Dataset excerpts

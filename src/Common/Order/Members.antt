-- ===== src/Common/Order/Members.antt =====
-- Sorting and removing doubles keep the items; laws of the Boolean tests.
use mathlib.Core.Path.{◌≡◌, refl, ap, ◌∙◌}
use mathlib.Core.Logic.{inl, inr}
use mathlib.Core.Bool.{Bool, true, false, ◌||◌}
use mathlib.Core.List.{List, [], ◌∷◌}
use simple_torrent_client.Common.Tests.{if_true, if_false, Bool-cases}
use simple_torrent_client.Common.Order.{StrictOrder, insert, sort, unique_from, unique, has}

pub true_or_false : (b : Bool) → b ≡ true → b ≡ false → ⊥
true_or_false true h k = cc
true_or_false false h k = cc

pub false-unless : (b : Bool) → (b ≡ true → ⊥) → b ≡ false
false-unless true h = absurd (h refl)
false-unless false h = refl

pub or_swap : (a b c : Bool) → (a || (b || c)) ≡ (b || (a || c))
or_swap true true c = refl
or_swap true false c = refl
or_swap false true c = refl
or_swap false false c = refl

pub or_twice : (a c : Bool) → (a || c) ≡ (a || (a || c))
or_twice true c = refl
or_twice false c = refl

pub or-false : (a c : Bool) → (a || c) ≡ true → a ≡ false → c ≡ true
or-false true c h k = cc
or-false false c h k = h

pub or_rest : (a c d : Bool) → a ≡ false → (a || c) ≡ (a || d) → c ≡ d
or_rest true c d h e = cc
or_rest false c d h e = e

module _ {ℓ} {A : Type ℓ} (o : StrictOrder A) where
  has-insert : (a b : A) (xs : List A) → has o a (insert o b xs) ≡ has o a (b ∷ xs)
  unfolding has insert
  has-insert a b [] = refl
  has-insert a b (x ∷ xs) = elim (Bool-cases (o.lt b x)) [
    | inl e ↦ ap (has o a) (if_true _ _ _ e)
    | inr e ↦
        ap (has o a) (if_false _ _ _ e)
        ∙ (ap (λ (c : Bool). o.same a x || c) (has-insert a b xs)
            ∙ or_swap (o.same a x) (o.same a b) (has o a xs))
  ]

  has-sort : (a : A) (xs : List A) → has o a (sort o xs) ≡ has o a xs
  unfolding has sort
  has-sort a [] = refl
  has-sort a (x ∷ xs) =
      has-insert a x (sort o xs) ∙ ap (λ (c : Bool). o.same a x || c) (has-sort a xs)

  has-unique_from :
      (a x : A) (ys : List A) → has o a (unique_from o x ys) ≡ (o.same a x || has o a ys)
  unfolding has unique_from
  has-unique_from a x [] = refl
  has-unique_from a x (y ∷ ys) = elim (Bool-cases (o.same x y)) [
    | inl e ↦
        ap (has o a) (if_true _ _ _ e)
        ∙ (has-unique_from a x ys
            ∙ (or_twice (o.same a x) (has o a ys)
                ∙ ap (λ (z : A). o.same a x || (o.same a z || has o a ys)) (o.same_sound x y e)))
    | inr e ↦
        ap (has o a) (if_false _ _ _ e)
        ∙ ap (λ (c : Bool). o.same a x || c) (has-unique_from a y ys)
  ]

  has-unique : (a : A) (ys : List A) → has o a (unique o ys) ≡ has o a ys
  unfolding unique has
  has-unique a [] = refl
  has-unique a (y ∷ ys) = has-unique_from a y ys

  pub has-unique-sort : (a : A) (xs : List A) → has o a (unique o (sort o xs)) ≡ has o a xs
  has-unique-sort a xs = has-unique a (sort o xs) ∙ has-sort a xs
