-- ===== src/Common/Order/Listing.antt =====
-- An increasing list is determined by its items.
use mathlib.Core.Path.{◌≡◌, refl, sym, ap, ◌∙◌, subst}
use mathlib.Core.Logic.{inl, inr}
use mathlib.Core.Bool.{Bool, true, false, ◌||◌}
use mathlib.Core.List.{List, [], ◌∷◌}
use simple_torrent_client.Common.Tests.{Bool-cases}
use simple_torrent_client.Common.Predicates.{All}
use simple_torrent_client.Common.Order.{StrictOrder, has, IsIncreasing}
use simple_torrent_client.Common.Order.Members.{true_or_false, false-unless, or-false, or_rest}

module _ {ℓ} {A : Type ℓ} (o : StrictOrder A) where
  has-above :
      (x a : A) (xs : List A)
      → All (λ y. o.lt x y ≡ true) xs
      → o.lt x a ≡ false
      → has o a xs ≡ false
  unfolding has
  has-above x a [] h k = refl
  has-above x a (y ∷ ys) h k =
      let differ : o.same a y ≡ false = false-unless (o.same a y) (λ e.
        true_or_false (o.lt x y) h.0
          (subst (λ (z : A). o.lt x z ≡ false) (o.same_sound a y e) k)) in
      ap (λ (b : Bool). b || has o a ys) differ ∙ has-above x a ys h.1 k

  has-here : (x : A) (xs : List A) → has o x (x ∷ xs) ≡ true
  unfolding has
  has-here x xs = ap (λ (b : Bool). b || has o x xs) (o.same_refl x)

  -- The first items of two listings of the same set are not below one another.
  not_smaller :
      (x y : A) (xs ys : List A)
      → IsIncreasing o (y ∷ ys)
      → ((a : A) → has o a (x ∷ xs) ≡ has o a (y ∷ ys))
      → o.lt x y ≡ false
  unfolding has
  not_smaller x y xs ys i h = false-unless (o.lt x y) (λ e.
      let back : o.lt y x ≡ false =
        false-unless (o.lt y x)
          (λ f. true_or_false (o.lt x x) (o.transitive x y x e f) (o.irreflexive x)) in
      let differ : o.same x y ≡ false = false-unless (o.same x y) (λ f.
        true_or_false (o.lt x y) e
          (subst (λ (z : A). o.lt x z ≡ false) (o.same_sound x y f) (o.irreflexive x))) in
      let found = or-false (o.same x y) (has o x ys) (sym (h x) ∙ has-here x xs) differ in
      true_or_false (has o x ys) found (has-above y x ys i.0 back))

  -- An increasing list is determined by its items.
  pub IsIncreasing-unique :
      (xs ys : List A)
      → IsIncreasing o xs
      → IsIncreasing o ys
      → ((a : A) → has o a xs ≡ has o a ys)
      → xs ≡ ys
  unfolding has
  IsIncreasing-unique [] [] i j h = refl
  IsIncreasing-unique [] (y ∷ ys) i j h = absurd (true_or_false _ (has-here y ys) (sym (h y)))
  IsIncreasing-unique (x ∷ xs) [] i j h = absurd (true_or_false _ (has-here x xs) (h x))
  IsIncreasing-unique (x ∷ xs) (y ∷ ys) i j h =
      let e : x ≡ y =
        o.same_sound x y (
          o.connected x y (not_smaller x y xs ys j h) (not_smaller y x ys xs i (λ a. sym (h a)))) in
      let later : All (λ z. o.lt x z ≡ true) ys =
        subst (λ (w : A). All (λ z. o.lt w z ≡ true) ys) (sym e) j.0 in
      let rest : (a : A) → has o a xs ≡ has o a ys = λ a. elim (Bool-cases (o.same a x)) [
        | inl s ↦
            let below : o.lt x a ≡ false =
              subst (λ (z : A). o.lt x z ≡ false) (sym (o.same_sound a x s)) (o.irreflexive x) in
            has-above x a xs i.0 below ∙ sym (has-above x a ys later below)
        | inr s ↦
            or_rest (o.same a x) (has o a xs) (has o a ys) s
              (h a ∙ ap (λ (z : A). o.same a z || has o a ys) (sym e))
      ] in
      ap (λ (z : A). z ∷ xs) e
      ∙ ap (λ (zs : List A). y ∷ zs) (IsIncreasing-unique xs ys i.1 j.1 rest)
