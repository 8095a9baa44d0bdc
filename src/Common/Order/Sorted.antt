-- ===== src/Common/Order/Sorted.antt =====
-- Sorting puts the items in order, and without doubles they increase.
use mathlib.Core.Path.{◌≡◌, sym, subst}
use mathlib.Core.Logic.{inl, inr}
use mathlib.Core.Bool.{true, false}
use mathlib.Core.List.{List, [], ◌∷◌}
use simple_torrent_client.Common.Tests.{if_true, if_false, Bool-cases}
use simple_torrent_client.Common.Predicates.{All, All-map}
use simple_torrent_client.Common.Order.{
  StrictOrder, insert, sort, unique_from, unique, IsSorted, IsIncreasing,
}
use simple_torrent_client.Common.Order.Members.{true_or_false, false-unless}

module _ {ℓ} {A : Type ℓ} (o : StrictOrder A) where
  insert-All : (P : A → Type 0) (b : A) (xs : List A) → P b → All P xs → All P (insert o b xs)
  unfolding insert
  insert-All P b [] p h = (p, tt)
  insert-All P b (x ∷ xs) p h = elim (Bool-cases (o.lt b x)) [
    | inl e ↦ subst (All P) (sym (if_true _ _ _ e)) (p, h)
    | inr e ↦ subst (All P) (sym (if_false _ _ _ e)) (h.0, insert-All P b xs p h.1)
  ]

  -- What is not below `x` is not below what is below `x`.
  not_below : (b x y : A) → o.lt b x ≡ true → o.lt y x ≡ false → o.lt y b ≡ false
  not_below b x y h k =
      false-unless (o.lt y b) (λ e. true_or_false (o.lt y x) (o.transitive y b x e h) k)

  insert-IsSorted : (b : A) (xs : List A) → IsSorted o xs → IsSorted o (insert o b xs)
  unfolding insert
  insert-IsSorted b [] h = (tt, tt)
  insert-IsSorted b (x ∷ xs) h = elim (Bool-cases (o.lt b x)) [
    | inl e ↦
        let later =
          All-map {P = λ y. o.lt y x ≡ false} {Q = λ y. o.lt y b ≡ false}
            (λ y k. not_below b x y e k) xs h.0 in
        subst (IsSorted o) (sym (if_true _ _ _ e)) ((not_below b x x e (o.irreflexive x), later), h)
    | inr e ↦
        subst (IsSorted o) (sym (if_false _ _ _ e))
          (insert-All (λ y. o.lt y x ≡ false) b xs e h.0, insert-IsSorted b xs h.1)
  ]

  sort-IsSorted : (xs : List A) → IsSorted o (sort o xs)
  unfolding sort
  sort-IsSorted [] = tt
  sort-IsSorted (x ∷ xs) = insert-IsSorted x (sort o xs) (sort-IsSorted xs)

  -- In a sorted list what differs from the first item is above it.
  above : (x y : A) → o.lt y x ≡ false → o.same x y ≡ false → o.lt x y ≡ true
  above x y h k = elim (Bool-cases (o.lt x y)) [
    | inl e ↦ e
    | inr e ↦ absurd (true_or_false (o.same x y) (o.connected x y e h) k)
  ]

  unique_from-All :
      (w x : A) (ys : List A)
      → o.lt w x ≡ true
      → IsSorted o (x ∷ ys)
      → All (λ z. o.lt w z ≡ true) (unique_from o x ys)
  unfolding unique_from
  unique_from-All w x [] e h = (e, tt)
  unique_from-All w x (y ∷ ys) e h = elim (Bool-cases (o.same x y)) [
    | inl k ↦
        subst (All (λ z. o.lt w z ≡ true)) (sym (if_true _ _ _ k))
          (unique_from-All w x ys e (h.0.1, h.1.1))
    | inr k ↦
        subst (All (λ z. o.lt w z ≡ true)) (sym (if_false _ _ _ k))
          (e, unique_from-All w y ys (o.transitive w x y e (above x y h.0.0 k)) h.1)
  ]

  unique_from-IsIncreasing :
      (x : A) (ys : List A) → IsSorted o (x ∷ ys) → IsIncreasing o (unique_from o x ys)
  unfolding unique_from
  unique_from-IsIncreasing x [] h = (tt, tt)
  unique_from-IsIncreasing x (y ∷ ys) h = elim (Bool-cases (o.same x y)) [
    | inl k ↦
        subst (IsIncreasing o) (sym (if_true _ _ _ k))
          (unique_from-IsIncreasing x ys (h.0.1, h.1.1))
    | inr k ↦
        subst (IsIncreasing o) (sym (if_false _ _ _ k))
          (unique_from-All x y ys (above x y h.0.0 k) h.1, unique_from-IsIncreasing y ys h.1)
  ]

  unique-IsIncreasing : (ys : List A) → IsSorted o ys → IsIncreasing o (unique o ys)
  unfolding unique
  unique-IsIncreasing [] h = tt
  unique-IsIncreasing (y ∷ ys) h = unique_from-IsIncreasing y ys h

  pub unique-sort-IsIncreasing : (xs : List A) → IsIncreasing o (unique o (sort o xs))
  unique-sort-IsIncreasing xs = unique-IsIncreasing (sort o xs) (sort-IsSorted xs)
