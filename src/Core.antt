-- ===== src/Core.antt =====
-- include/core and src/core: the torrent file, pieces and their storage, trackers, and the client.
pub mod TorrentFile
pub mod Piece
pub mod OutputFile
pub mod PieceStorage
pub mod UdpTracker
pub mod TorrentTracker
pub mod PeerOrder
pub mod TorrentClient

...

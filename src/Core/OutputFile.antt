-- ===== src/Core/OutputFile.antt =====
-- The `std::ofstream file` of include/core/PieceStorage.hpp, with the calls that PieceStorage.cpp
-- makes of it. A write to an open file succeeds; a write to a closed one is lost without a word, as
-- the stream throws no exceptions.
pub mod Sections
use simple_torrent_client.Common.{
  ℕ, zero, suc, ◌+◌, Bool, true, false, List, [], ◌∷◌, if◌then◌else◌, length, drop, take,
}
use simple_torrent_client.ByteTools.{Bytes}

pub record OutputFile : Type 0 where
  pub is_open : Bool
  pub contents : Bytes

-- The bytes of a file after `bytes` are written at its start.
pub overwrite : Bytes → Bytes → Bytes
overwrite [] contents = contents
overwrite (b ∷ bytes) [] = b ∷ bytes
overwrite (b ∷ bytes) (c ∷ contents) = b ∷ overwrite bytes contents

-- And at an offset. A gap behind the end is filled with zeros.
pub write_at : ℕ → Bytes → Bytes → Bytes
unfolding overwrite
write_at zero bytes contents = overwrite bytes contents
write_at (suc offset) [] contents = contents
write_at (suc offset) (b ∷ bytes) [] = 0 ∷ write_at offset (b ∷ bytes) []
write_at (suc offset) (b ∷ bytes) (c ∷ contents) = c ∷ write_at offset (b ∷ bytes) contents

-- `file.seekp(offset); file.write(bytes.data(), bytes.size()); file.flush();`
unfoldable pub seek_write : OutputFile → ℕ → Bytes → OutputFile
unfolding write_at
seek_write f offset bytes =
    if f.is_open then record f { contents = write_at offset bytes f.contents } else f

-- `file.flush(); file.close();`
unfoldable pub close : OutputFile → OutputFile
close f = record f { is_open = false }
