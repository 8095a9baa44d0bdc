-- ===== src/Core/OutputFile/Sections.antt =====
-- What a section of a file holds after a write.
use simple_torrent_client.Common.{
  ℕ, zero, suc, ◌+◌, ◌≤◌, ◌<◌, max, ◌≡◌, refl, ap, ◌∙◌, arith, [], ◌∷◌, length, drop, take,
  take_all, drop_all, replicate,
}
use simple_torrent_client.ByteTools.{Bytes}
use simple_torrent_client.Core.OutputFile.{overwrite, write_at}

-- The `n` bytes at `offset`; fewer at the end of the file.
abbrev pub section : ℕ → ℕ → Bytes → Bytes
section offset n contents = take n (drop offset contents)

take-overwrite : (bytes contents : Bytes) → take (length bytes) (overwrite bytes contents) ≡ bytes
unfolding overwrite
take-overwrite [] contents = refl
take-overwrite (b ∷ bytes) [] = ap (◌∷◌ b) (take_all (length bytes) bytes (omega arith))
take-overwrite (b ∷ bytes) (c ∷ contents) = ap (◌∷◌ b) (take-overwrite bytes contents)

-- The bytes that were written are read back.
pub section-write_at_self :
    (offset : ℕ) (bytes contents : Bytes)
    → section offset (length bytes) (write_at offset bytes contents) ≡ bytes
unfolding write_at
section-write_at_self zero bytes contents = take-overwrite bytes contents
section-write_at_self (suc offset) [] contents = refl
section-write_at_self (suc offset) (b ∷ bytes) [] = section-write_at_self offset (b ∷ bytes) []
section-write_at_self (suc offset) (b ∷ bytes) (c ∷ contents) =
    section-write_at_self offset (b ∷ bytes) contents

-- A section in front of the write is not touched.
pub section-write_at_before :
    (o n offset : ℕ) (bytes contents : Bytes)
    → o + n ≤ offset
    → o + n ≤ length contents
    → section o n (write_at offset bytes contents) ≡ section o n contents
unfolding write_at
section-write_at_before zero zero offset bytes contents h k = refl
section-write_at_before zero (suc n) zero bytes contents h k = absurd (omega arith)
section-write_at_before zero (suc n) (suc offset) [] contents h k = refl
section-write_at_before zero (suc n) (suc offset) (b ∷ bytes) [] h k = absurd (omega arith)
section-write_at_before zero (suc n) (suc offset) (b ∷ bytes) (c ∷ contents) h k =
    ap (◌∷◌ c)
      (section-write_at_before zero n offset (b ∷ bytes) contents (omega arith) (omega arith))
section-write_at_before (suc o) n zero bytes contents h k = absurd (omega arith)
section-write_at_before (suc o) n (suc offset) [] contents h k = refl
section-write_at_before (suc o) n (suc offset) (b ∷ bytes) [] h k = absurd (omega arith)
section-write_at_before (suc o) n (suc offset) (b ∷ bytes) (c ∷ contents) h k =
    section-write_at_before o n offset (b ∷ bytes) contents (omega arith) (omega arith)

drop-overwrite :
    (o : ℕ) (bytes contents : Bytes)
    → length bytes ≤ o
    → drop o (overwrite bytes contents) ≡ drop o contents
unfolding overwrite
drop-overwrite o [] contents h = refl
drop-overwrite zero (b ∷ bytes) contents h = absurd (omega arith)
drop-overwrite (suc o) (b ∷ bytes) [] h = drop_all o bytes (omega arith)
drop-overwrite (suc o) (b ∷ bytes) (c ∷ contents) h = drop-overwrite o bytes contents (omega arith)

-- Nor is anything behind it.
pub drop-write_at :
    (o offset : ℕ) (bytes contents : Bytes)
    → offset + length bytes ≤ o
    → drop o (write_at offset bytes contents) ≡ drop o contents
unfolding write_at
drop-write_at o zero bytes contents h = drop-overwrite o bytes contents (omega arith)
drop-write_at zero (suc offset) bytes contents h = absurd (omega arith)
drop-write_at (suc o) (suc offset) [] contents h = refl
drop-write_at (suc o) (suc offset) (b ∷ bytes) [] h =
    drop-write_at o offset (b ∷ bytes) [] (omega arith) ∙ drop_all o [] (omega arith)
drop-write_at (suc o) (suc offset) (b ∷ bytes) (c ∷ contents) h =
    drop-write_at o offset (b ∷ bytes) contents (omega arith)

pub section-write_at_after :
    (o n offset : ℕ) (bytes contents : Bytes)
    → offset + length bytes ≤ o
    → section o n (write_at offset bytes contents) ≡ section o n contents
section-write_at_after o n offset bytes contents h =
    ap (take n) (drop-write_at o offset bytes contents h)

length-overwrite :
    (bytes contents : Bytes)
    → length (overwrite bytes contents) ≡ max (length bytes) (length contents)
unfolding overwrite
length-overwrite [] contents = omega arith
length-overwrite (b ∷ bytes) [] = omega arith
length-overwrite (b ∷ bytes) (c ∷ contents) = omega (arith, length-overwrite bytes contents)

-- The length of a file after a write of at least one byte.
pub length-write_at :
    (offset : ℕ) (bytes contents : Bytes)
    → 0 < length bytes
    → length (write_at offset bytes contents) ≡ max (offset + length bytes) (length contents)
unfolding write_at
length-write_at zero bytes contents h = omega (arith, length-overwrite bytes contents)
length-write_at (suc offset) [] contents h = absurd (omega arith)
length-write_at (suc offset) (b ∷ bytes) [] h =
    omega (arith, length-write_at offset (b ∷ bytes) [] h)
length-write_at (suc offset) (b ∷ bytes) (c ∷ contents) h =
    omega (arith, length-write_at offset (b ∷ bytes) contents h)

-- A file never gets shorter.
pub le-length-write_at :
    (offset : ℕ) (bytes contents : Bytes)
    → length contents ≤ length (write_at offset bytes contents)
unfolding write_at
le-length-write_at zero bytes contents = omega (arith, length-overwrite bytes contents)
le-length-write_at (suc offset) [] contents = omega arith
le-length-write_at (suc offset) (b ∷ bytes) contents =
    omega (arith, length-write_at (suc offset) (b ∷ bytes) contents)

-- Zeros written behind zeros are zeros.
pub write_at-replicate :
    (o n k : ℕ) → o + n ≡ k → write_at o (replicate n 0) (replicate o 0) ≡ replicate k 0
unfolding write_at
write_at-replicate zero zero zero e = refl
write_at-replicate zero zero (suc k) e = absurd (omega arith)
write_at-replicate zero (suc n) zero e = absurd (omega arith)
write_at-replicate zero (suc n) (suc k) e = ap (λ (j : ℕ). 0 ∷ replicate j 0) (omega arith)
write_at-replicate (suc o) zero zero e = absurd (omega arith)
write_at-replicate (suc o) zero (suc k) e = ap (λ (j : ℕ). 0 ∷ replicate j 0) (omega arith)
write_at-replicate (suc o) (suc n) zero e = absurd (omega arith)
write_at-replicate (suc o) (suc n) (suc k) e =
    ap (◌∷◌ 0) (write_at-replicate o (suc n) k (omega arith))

==

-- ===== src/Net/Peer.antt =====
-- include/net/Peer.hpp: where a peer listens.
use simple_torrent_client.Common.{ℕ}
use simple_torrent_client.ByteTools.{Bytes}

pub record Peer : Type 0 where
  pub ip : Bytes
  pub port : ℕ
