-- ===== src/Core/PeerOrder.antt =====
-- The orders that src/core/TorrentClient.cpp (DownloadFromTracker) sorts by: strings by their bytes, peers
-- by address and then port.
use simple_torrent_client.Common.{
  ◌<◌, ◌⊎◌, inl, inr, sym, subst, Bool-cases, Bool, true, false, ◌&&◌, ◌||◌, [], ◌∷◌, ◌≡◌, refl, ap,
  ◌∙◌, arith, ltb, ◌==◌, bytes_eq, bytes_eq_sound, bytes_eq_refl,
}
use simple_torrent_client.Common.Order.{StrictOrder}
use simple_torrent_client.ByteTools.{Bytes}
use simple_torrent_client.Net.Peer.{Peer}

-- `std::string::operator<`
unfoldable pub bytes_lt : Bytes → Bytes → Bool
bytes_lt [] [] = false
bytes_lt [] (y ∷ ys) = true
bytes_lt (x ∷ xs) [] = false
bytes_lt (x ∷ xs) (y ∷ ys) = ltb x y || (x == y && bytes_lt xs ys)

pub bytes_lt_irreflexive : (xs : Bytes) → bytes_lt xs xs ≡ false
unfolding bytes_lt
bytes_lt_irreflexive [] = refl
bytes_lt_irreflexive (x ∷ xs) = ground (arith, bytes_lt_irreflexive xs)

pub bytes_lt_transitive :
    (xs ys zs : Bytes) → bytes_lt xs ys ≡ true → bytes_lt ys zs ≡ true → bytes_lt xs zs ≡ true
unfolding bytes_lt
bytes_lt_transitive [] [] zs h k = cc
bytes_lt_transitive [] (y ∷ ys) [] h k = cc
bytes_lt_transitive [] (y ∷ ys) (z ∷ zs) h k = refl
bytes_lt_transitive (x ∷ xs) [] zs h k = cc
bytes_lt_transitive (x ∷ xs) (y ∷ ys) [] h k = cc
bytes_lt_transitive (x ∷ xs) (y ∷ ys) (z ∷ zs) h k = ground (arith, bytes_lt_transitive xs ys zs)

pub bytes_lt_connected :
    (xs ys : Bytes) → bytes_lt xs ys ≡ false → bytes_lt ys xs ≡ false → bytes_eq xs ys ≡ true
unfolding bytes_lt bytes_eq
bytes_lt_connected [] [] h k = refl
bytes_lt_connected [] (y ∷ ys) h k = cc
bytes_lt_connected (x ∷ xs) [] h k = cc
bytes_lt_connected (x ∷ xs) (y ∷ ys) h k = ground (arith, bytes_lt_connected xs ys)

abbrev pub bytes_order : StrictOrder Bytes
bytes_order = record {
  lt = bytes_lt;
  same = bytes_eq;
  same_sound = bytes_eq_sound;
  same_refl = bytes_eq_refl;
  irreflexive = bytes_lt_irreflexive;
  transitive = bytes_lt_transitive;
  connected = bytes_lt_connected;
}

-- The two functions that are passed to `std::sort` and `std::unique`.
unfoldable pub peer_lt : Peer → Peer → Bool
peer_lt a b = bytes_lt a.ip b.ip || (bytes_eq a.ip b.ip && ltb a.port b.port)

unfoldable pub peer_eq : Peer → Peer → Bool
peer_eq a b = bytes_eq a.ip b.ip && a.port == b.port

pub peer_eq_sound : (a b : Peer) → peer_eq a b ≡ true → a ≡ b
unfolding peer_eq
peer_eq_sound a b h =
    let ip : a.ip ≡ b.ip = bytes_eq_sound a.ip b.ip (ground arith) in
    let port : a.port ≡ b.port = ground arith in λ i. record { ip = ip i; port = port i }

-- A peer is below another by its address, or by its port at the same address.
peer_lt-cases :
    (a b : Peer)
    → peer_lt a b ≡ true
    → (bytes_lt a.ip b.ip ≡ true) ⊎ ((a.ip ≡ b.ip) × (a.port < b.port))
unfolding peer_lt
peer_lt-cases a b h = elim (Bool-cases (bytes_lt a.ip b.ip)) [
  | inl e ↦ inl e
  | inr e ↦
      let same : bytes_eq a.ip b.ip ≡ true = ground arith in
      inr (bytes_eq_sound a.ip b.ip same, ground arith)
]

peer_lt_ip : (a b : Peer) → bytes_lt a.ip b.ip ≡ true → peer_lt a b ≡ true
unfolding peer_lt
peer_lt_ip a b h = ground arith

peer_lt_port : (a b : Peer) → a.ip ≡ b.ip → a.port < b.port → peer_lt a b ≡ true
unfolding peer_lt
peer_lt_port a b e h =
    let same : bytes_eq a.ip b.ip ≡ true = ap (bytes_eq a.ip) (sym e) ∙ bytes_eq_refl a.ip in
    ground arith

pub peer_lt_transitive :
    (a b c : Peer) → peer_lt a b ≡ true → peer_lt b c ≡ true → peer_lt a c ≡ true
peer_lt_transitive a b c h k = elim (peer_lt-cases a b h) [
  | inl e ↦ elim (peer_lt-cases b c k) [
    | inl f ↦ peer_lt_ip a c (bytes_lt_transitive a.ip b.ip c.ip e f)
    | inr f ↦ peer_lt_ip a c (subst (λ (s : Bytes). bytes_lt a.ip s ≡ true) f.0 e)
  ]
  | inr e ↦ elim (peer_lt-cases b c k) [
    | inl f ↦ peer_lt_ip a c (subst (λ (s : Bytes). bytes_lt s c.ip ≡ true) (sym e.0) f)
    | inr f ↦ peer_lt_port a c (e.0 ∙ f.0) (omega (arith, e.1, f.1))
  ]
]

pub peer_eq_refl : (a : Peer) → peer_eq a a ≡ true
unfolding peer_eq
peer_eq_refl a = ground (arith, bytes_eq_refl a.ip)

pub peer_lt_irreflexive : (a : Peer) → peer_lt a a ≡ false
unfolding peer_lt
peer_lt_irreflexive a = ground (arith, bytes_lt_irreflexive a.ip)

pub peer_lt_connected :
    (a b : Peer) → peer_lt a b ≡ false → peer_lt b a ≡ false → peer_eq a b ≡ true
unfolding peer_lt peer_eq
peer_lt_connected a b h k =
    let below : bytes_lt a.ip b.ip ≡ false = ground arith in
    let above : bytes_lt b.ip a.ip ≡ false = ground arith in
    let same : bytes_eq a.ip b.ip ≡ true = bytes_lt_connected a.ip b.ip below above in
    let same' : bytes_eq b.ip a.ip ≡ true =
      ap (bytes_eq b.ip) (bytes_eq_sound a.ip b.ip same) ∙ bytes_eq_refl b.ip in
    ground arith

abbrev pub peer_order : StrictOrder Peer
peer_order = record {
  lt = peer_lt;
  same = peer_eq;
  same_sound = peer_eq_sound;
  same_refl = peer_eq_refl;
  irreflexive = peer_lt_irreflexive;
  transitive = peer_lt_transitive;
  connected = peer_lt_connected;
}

ASSIGNED TASK:
What you give back should be only the lines of the records above, starting at the line with "section-write_at_before (suc o) n (suc offset) (b ∷ bytes) (c" and ending at the line with "(offset + length bytes) (length contents)", restated word for word.

ANSWER FOR THIS EXERCISE:
section-write_at_before (suc o) n (suc offset) (b ∷ bytes) (c ∷ contents) h k =
    section-write_at_before o n offset (b ∷ bytes) contents (omega arith) (omega arith)

drop-overwrite :
    (o : ℕ) (bytes contents : Bytes)
    → length bytes ≤ o
    → drop o (overwrite bytes contents) ≡ drop o contents
unfolding overwrite
drop-overwrite o [] contents h = refl
drop-overwrite zero (b ∷ bytes) contents h = absurd (omega arith)
drop-overwrite (suc o) (b ∷ bytes) [] h = drop_all o bytes (omega arith)
drop-overwrite (suc o) (b ∷ bytes) (c ∷ contents) h = drop-overwrite o bytes contents (omega arith)

-- Nor is anything behind it.
pub drop-write_at :
    (o offset : ℕ) (bytes contents : Bytes)
    → offset + length bytes ≤ o
    → drop o (write_at offset bytes contents) ≡ drop o contents
unfolding write_at
drop-write_at o zero bytes contents h = drop-overwrite o bytes contents (omega arith)
drop-write_at zero (suc offset) bytes contents h = absurd (omega arith)
drop-write_at (suc o) (suc offset) [] contents h = refl
drop-write_at (suc o) (suc offset) (b ∷ bytes) [] h =
    drop-write_at o offset (b ∷ bytes) [] (omega arith) ∙ drop_all o [] (omega arith)
drop-write_at (suc o) (suc offset) (b ∷ bytes) (c ∷ contents) h =
    drop-write_at o offset (b ∷ bytes) contents (omega arith)

pub section-write_at_after :
    (o n offset : ℕ) (bytes contents : Bytes)
    → offset + length bytes ≤ o
    → section o n (write_at offset bytes contents) ≡ section o n contents
section-write_at_after o n offset bytes contents h =
    ap (take n) (drop-write_at o offset bytes contents h)

length-overwrite :
    (bytes contents : Bytes)
    → length (overwrite bytes contents) ≡ max (length bytes) (length contents)
unfolding overwrite
length-overwrite [] contents = omega arith
length-overwrite (b ∷ bytes) [] = omega arith
length-overwrite (b ∷ bytes) (c ∷ contents) = omega (arith, length-overwrite bytes contents)

-- The length of a file after a write of at least one byte.
pub length-write_at :
    (offset : ℕ) (bytes contents : Bytes)
    → 0 < length bytes
    → length (write_at offset bytes contents) ≡ max (offset + length bytes) (length contents)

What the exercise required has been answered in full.